I would have preferred here to focus on the outcome of the Senate runoffs in Georgia and the Democrats’ takeover of the chamber, but Wednesday’s events make that impossible.

Like a lot of other people in or deeply involved in American politics, Wednesday was one of the most distressing and disturbing days of my life. I felt nauseous, then appalled, then outraged. But my final emotion was a sense of sorrow for what we all had witnessed.

In early June, after George Floyd gasped his last breath under the knee of a Minneapolis police officer, I watched the local live television coverage of what had been thousands of people, including families, peacefully marching through downtown Washington. But after nightfall, once the peaceful demonstrators left, they were replaced by vandals and arsonists bent on destruction, on streets that I had grown so familiar with since moving to Washington in September 1972 to go to college. Those streets now looked like a war zone.

Seeing thousands of miscreants laying siege to the Capitol building on Wednesday, then rampaging through the halls, offices, and even the Senate chamber, was too much. I recalled first walking those same hallowed corridors on my first trip to Washington in June 1970, to attend a three-week summer high school debate camp. In my first full day in the city, I walked from the Georgetown University campus past the White House and all the way to that majestic Capitol, in complete awe the whole time. I then hiked the length of the Mall past the Washington Monument, the Lincoln Memorial, and over Memorial Bridge to Arlington Cemetery, then back to Georgetown, tired but elated.

Fifty years ago this month, as a second-semester college freshman, I started working part-time in the Russell and Dirksen Senate office buildings, and in the Capitol itself 10 years later.
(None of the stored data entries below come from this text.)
-- ===== src/Paths.antt =====
-- The paths of pkg/webserver/functions.go: which file a request path names, and which request path a file
-- has. Strings are their bytes here. A path that is absolute and clean is the list of its components. The
-- working directory and filepath.EvalSymlinks enter as arguments.
pub mod Clean
pub mod Inside
pub mod Safe
pub mod Parents
mod Joined
pub mod Requests
mod Tests
use sitebrush_v.Prelude.{
  ℕ, zero, suc, length, ◌+◌, ◌-◌, ◌*◌, Bool, true, false, not, ◌&&◌, ◌||◌, List, [], ◌∷◌, ◌++◌,
  Option, none, some, if◌then◌else◌, between, ◌==◌, map,
}
use sitebrush_v.Text.{
  Text, codes, text_eq, is_empty, has_prefix, trim_prefix, contains, split_on, trim_both,
}

abbrev pub AbsPath : Type 0
AbsPath = List Text

-- strings.Split(s, "/")
unfoldable pub segments : Text → List Text
unfolding split_on
segments s = let (first, others) = split_on b'/' s in first ∷ others

-- The path without its last component: filepath.Dir of a clean absolute path.
unfoldable pub drop_last : List Text → List Text
drop_last [] = []
drop_last (c ∷ []) = []
drop_last (c ∷ d ∷ cs) = c ∷ drop_last (d ∷ cs)

-- The last component, if there is one: filepath.Base.
unfoldable pub last_of : List Text → Option Text
last_of [] = none
last_of (c ∷ []) = some c
last_of (c ∷ d ∷ cs) = last_of (d ∷ cs)

-- What one ".." does to a path: nothing at the root, and at the start of a relative path it stays.
unfoldable pub go_up : Bool → List Text → List Text
unfolding last_of drop_last
go_up rooted done = elim (last_of done) [
  | none ↦ if rooted then [] else codes ".." ∷ []
  | some c ↦ if text_eq c (codes "..") then done ++ codes ".." ∷ [] else drop_last done
]

-- One segment of path.Clean and filepath.Clean.
unfoldable pub enter : Bool → List Text → Text → List Text
unfolding go_up
enter rooted done s =
    if is_empty s || text_eq s (codes ".")
    then done
    else if text_eq s (codes "..")
    then go_up rooted done
    else done ++ s ∷ []

-- path.Clean and filepath.Clean on the segments that follow a clean path.
unfoldable pub clean_from : Bool → List Text → List Text → List Text
unfolding enter
clean_from rooted done [] = done
clean_from rooted done (s ∷ ss) = clean_from rooted (enter rooted done s) ss

-- The components with slashes between them.
unfoldable pub join_slash : List Text → Text
join_slash [] = []
join_slash (c ∷ []) = c
join_slash (c ∷ d ∷ cs) = c ++ b'/' ∷ join_slash (d ∷ cs)

-- filepath.Abs, for the working directory, if the system tells it.
unfoldable pub absolute : Option AbsPath → Text → Option AbsPath
unfolding clean_from segments
absolute cwd s =
    if has_prefix (codes "/") s
    then some (clean_from true [] (segments s))
    else elim cwd [ none ↦ none | some dir ↦ some (clean_from true dir (segments s)) ]

-- filepath.Join of a clean absolute path with the segments of further elements.
unfoldable pub join_under : AbsPath → List Text → AbsPath
unfolding clean_from
join_under root ss = clean_from true root ss

-- path.Join of a clean relative path and the name of the index file.
unfoldable pub join_index : List Text → Text → List Text
unfolding clean_from segments
join_index [] index_file = clean_from (has_prefix (codes "/") index_file) [] (segments index_file)
join_index (c ∷ cs) index_file = clean_from false (c ∷ cs) (segments index_file)

-- filepath.Rel of two clean absolute paths.
unfoldable pub rel : AbsPath → AbsPath → List Text
rel [] target = target
rel (r ∷ root) [] = map (λ _. codes "..") (r ∷ root)
rel (r ∷ root) (t ∷ target) =
    let rest = rel root target in
    if text_eq r t then rest else map (λ _. codes "..") (r ∷ root) ++ t ∷ target

-- The text of a clean relative path.
unfoldable pub rel_text : List Text → Text
unfolding join_slash
rel_text [] = codes "."
rel_text (c ∷ cs) = join_slash (c ∷ cs)

unfoldable pub path_is_inside_root : AbsPath → AbsPath → Bool
unfolding rel rel_text
path_is_inside_root root target =
    let r = rel_text (rel root target) in
    text_eq r (codes ".")
    || (not (has_prefix (codes "/") r)
        && not (text_eq r (codes ".."))
        && not (has_prefix (codes "../") r))

-- The value of a hexadecimal digit.
unfoldable pub unhex : ℕ → Option ℕ
unhex c =
    if between b'0' b'9' c
    then some (c - b'0')
    else if between b'a' b'f' c
    then some (c - b'a' + 10)
    else if between b'A' b'F' c
    then some (c - b'A' + 10)
    else none

-- The byte of two hexadecimal digits.
unfoldable pub unhex_pair : ℕ → ℕ → Option ℕ
unfolding unhex
unhex_pair a b = elim (unhex a) [
  | none ↦ none
  | some high ↦ elim (unhex b) [ none ↦ none | some low ↦ some (high * 16 + low) ]
]

abbrev prepend : Option ℕ → Option Text → Option Text
prepend (some c) (some s) = some (c ∷ s)
prepend _ _ = none

-- url.PathUnescape
unfoldable pub path_unescape : Text → Option Text
unfolding unhex_pair
path_unescape [] = some []
path_unescape (c ∷ []) = if c == b'%' then none else some (c ∷ [])
path_unescape (c ∷ a ∷ []) = if c == b'%' then none else prepend (some c) (path_unescape (a ∷ []))
path_unescape (c ∷ a ∷ b ∷ s) = elim (c == b'%') [
  | true ↦ prepend (unhex_pair a b) (path_unescape s)
  | false ↦ prepend (some c) (path_unescape (a ∷ b ∷ s))
]

pub data PathError : Type 0 where
  bad_escape unsafe_path no_directory : PathError

pub data PathResult : Type 0 where
  path_ok : AbsPath → PathResult
  path_err : PathError → PathResult

-- The loop over the segments finds none that is ".." or has a colon.
unfoldable pub segments_safe : List Text → Bool
segments_safe [] = true
segments_safe (s ∷ ss) = not (text_eq s (codes "..") || contains b':' s) && segments_safe ss

-- strings.HasSuffix(s, "/")
unfoldable pub ends_with_slash : Text → Bool
ends_with_slash [] = false
ends_with_slash (c ∷ []) = c == b'/'
ends_with_slash (c ∷ d ∷ s) = ends_with_slash (d ∷ s)

-- relativePath == ""
abbrev pub is_root : List Text → Bool
is_root [] = true
is_root (c ∷ cs) = false

-- The relative path of a request path that passed the tests, with the index file of a directory.
unfoldable pub relative_path : Text → Text → Bool → List Text
unfolding clean_from segments join_index ends_with_slash
relative_path unescaped index_file append_index =
    let path = clean_from true [] (segments (trim_prefix (codes "/") unescaped)) in
    if append_index && (is_root path || ends_with_slash unescaped)
    then join_index path index_file
    else path

-- The last tests: the target is under the root, and still is when both exist and links are followed.
unfoldable pub check_target : (AbsPath → Option AbsPath) → AbsPath → AbsPath → PathResult
unfolding path_is_inside_root
check_target eval_symlinks root target =
    if not (path_is_inside_root root target)
    then path_err unsafe_path
    else elim (eval_symlinks root) [
      | none ↦ path_ok target
      | some real_root ↦ elim (eval_symlinks target) [
        | none ↦ path_ok target
        | some real_target ↦
            if path_is_inside_root real_root real_target
            then path_ok target
            else path_err unsafe_path
      ]
    ]

unfoldable pub safe_path_under_root :
    Option AbsPath → (AbsPath → Option AbsPath) → Text → Text → Text → Bool → PathResult
unfolding path_unescape segments segments_safe absolute relative_path join_under check_target
safe_path_under_root cwd eval_symlinks root request_path index_file append_index =
    elim (path_unescape (if is_empty request_path then codes "/" else request_path)) [
      | none ↦ path_err bad_escape
      | some unescaped ↦
          if contains b'\\' unescaped
          then path_err unsafe_path
          else if has_prefix (codes "//") unescaped
          then path_err unsafe_path
          else if not (segments_safe (segments unescaped))
          then path_err unsafe_path
          else elim (absolute cwd root) [
            | none ↦ path_err no_directory
            | some root_path ↦
                check_target eval_symlinks root_path
                  (join_under root_path (relative_path unescaped index_file append_index))
          ]
    ]

-- safeJoinUnderRoot, with the segments of its elements.
unfoldable pub safe_join_under_root : Option AbsPath → Text → List Text → PathResult
unfolding absolute join_under path_is_inside_root
safe_join_under_root cwd root elems = elim (absolute cwd root) [
  | none ↦ path_err no_directory
  | some root_path ↦
      if path_is_inside_root root_path (join_under root_path elems)
      then path_ok (join_under root_path elems)
      else path_err unsafe_path
]

-- The path of a request for a file, from the file's path under the root.
unfoldable pub request_uri : Text → List Text → Text
unfolding rel_text join_slash last_of drop_last trim_both
request_uri index_file path =
    if text_eq (rel_text path) index_file then codes "/" else elim (last_of path) [
      | none ↦ b'/' ∷ trim_prefix (codes "/") (rel_text path)
      | some base ↦
          if text_eq base index_file
          then (if is_root (drop_last path)
              then codes "/"
              else b'/' ∷ trim_both (λ c. c == b'/') (join_slash (drop_last path)) ++ b'/' ∷ [])
          else b'/' ∷ trim_prefix (codes "/") (rel_text path)
    ]

-- canonicalRequestURIForFile, for the absolute paths of the root and the file.
unfoldable pub canonical_request_uri_for_file : Text → AbsPath → AbsPath → Option Text
unfolding path_is_inside_root rel request_uri
canonical_request_uri_for_file index_file root target =
    let index = if is_empty index_file then codes "index.html" else index_file in
    if path_is_inside_root root target then some (request_uri index (rel root target)) else none

-- os.Lstat
pub data Stat : Type 0 where
  exists missing unreadable : Stat

pub data ParentResult : Type 0 where
  parent_is : AbsPath → ParentResult
  parent_err out_of_fuel : ParentResult

-- The loop of validateExistingParentSymlinkSafe: up from the path to what is there. `fuel` bounds its rounds.
unfoldable pub existing_parent : (AbsPath → Stat) → ℕ → AbsPath → ParentResult
unfolding drop_last
existing_parent lstat zero path = out_of_fuel
existing_parent lstat (suc fuel) path =
    let next = existing_parent lstat fuel (drop_last path) in
    elim (lstat path) [
      | exists ↦ parent_is path
      | missing ↦ if is_root path then parent_err else next
      | unreadable ↦ parent_err
    ]

-- The checks on the parent that exists: none when it passes.
unfoldable pub check_parent : (AbsPath → Option AbsPath) → AbsPath → ParentResult → Option PathError
unfolding path_is_inside_root
check_parent eval_symlinks real_root (parent_is parent) = elim (eval_symlinks parent) [
  | none ↦ some no_directory
  | some real ↦ if path_is_inside_root real_root real then none else some unsafe_path
]
check_parent eval_symlinks real_root _ = some no_directory

-- validateExistingParentSymlinkSafe
unfoldable pub validate_existing_parent_symlink_safe :
    (AbsPath → Stat) → (AbsPath → Option AbsPath) → AbsPath → AbsPath → Option PathError
unfolding existing_parent check_parent drop_last
validate_existing_parent_symlink_safe lstat eval_symlinks root target = elim (eval_symlinks root) [
  | none ↦ some no_directory
  | some real_root ↦
      check_parent eval_symlinks real_root
        (existing_parent lstat (suc (length (drop_last target))) (drop_last target))
]

-- safeWritableStaticFilePath
unfoldable pub safe_writable_static_file_path :
    Option AbsPath → (AbsPath → Stat) → (AbsPath → Option AbsPath) → Text → Text → Text → PathResult
unfolding safe_path_under_root validate_existing_parent_symlink_safe absolute
safe_writable_static_file_path cwd lstat eval_symlinks root request_path index_file =
    elim (safe_path_under_root cwd eval_symlinks root request_path index_file true) [
      | path_err e ↦ path_err unsafe_path
      | path_ok file_name ↦ elim (absolute cwd root) [
        | none ↦ path_err unsafe_path
        | some root_path ↦
            elim (validate_existing_parent_symlink_safe lstat eval_symlinks root_path file_name) [
              | none ↦ path_ok file_name
              | some e ↦ path_err unsafe_path
            ]
      ]
    ]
That Capitol occupies a special place in our federal city. President Abraham Lincoln insisted that construction of the dome continue despite the outbreak of the Civil War. Under that same dome, Lincoln was the first of 12 presidents to lay in state, an honor also granted to generals of the Army like John J. “Black Jack” Pershing and Douglas MacArthur; the Unknown Soldier from the Vietnam War; statesmen like Henry Clay, Everett McKinley Dirksen, and Hubert Humphrey; and most recently John McCain and John Lewis. To see photographs of Capitol Police and other security agents aiming guns to protect the center door of the House Chamber from barbarians trying to break into the same room where President Franklin Roosevelt asked Congress to declare war after Pearl Harbor was deeply disturbing.

The building, in fact, hadn’t seen such a day since the British tried to burn it down in 1814. A similar event occurred in October 1967, when the Army’s 82nd Airborne (including one of my brothers-in-law) was deployed from Fort Bragg to encircle and defend the Pentagon from an estimated 50,000 anti-war protesters led by Abbie Hoffman. But unlike Wednesday, the building was never breached, nor the violence as severe as what we saw Wednesday.
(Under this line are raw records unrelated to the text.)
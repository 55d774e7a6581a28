-- ===== src/Properties/Rename.antt =====
-- renameStaticFile and rollbackRenameAfterSyncFailure of pkg/webserver/functions.go.
use sitebrush_v.Prelude.{
  Bool, true, false, not, ◌&&◌, ◌||◌, [], ◌∷◌, Option, none, some, if◌then◌else◌,
}
use sitebrush_v.Text.{Text, text_eq}
use sitebrush_v.Paths.{AbsPath, drop_last, Stat, validate_existing_parent_symlink_safe}

-- currentAbs == newAbs
unfoldable pub path_eq : AbsPath → AbsPath → Bool
path_eq [] [] = true
path_eq (a ∷ s) (b ∷ t) = text_eq a b && path_eq s t
path_eq _ _ = false

-- The contents of the static files, regular files all; that a page's path is a directory is not modelled.
abbrev pub Files : Type 0
Files = AbsPath → Option Text

-- os.Rename of a file that is there.
unfoldable pub rename_file : Files → AbsPath → AbsPath → Files
unfolding path_eq
rename_file files from to path =
    if path_eq path to then files from else if path_eq path from then none else files path

-- How the system answers one rename, with os.Lstat and filepath.EvalSymlinks as they are before it; `root_path` is the
-- site's directory.
pub record Answer : Type 0 where
  pub root_path : AbsPath
  pub lstat : AbsPath → Stat
  pub eval_symlinks : AbsPath → Option AbsPath
  pub stats_new : Bool
  pub stats_current : Bool
  pub makes_dir : Bool
  pub renames : Bool
  pub syncs_new : Bool
  pub syncs_current : Bool
  pub renames_back : Bool
  pub syncs_back_current : Bool
  pub syncs_back_new : Bool

pub data RenameError : Type 0 where
  unsafe_target target_exists no_answer sync_failed rollback_failed rollback_unsynced : RenameError

abbrev pub same_dir : AbsPath → AbsPath → Bool
unfolding path_eq drop_last
same_dir current new = path_eq (drop_last current) (drop_last new)

-- rollbackRenameAfterSyncFailure
unfoldable pub rollback_rename : Answer → Files → AbsPath → AbsPath → Files × Option RenameError
unfolding rename_file
rollback_rename w files current new =
    if not w.renames_back
    then (files, some rollback_failed)
    else if not w.syncs_back_current
    then (rename_file files new current, some rollback_unsynced)
    else if not (same_dir current new) && not w.syncs_back_new
    then (rename_file files new current, some rollback_unsynced)
    else (rename_file files new current, some sync_failed)

abbrev pub is_there : Option Text → Bool
is_there none = false
is_there (some s) = true

-- The new name passes validateExistingParentSymlinkSafe.
unfoldable pub parent_is_safe : Answer → AbsPath → Bool
unfolding validate_existing_parent_symlink_safe
parent_is_safe w new =
    elim (validate_existing_parent_symlink_safe w.lstat w.eval_symlinks w.root_path new) [
      | none ↦ true
      | some _ ↦ false
    ]

unfoldable pub rename_static_file : Answer → Files → AbsPath → AbsPath → Files × Option RenameError
unfolding rename_file rollback_rename parent_is_safe
rename_static_file w files current new =
    let moved = rename_file files current new in
    if path_eq current new
    then (files, none)
    else if not (parent_is_safe w new)
    then (files, some unsafe_target)
    else if not w.stats_new
    then (files, some no_answer)
    else if is_there (files new)
    then (files, some target_exists)
    else if not w.stats_current
    then (files, some no_answer)
    else if not (is_there (files current))
    then (files, none)
    else if not w.makes_dir || not w.renames
    then (files, some no_answer)
    else if not w.syncs_new
    then rollback_rename w moved current new
    else if not (same_dir current new) && not w.syncs_current
    then rollback_rename w moved current new
    else (moved, none)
A few weeks after my hike around D.C.’s landmarks, I witnessed another battle on the Mall. Mired in the Vietnam War, President Nixon had the idea of putting on a grand patriotic show for the Fourth of July. “Honor America Day” saw Rev. Billy Graham presiding over a religious service in the morning in front of the Lincoln Memorial, and ending with a nationally televised show near the Washington Monument hosted by comedian Bob Hope and featuring a dozen or so other performers. It drew an estimated 350,000 to the Mall, mostly parents with their kids in tow.
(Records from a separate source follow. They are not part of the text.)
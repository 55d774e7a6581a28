-- ===== src/Backup/Places.antt =====
-- validateRestoreTargetPath of pkg/webserver/functions.go, and rejectSymlinkComponents. nearestExistingParent is the
-- loop that validateExistingParentSymlinkSafe has.
use sitebrush_v.Prelude.{
  Bool, true, false, not, ◌&&◌, ◌||◌, List, [], ◌∷◌, ◌++◌, Option, none, some, if◌then◌else◌,
}
use sitebrush_v.Text.{Text, codes, text_eq, is_empty}
use sitebrush_v.Paths.{
  AbsPath, Stat, exists, missing, unreadable, rel, path_is_inside_root,
  validate_existing_parent_symlink_safe,
}

-- What the system says of paths: os.Lstat, whether what it finds is a link, and filepath.EvalSymlinks.
pub record Disk : Type 0 where
  pub lstat : AbsPath → Stat
  pub is_link : AbsPath → Bool
  pub eval_symlinks : AbsPath → Option AbsPath

-- The loop of rejectSymlinkComponents, for the names that lead on to the target: whether it reports no error.
unfoldable pub reject_symlink_components : Disk → AbsPath → List Text → Bool
unfolding text_eq
reject_symlink_components k current [] = elim (k.lstat current) [
  | missing ↦ true
  | unreadable ↦ false
  | exists ↦ not (k.is_link current)
]
reject_symlink_components k current (name ∷ names) =
    let rest = reject_symlink_components k (current ++ name ∷ []) names in
    elim (k.lstat current) [
      | missing ↦ true
      | unreadable ↦ false
      | exists ↦
          if k.is_link current
          then false
          else if is_empty name || (text_eq name (codes ".") || text_eq name (codes ".."))
          then false
          else rest
    ]

unfoldable pub validate_restore_target_path : Disk → AbsPath → AbsPath → Bool
unfolding path_is_inside_root reject_symlink_components rel validate_existing_parent_symlink_safe
validate_restore_target_path k root target =
    path_is_inside_root root target
    && (reject_symlink_components k root (rel root target)
        && elim (validate_existing_parent_symlink_safe k.lstat k.eval_symlinks root target) [
          | none ↦ true
          | some _ ↦ false
        ])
To my Mom and Dad back in Louisiana, it was quite a show. But behind the cameras, there was a different kind of show. Anti-war protesters began hurling rocks and bottles at the Park Police, who returned fire with tear gas. All of those moms, dads, and kids began to flee, leaving picnic blankets and baskets strewn over the mall, as they (and I) got a taste of tear gas for the first time.

But while I make light of that Fourth of July 50 years ago, there was nothing on Wednesday to make light of. We have seen America at her best but on much of Wednesday, we saw her at nearly her worst. The solace didn’t come until late Wednesday night and into the early hours of Thursday morning, when Congress returned to finish its work. The debate over, and ultimate acceptance of, Arizona’s and Pennsylvania’s electors evoked some reassurance that sanity would ultimately prevail. Yet the eight senators and 138 members of the House who voted for at least one of the challenges will need to explain how they could do that after the tragic events of the day.

Our country is in a very delicate place right now. Now is the time for everyone, whether Democrat or Republican, conservative or liberal, Never Trumper or Forever Trumper, and yes, journalist, to stand down, lower the temperature, cool the rhetoric, get past the outrage, and skip the gratuitous potshot no matter how deserving the target may be. This has all gotten out of control and it will take everyone taking a deep breath and using their inside voices to get past this.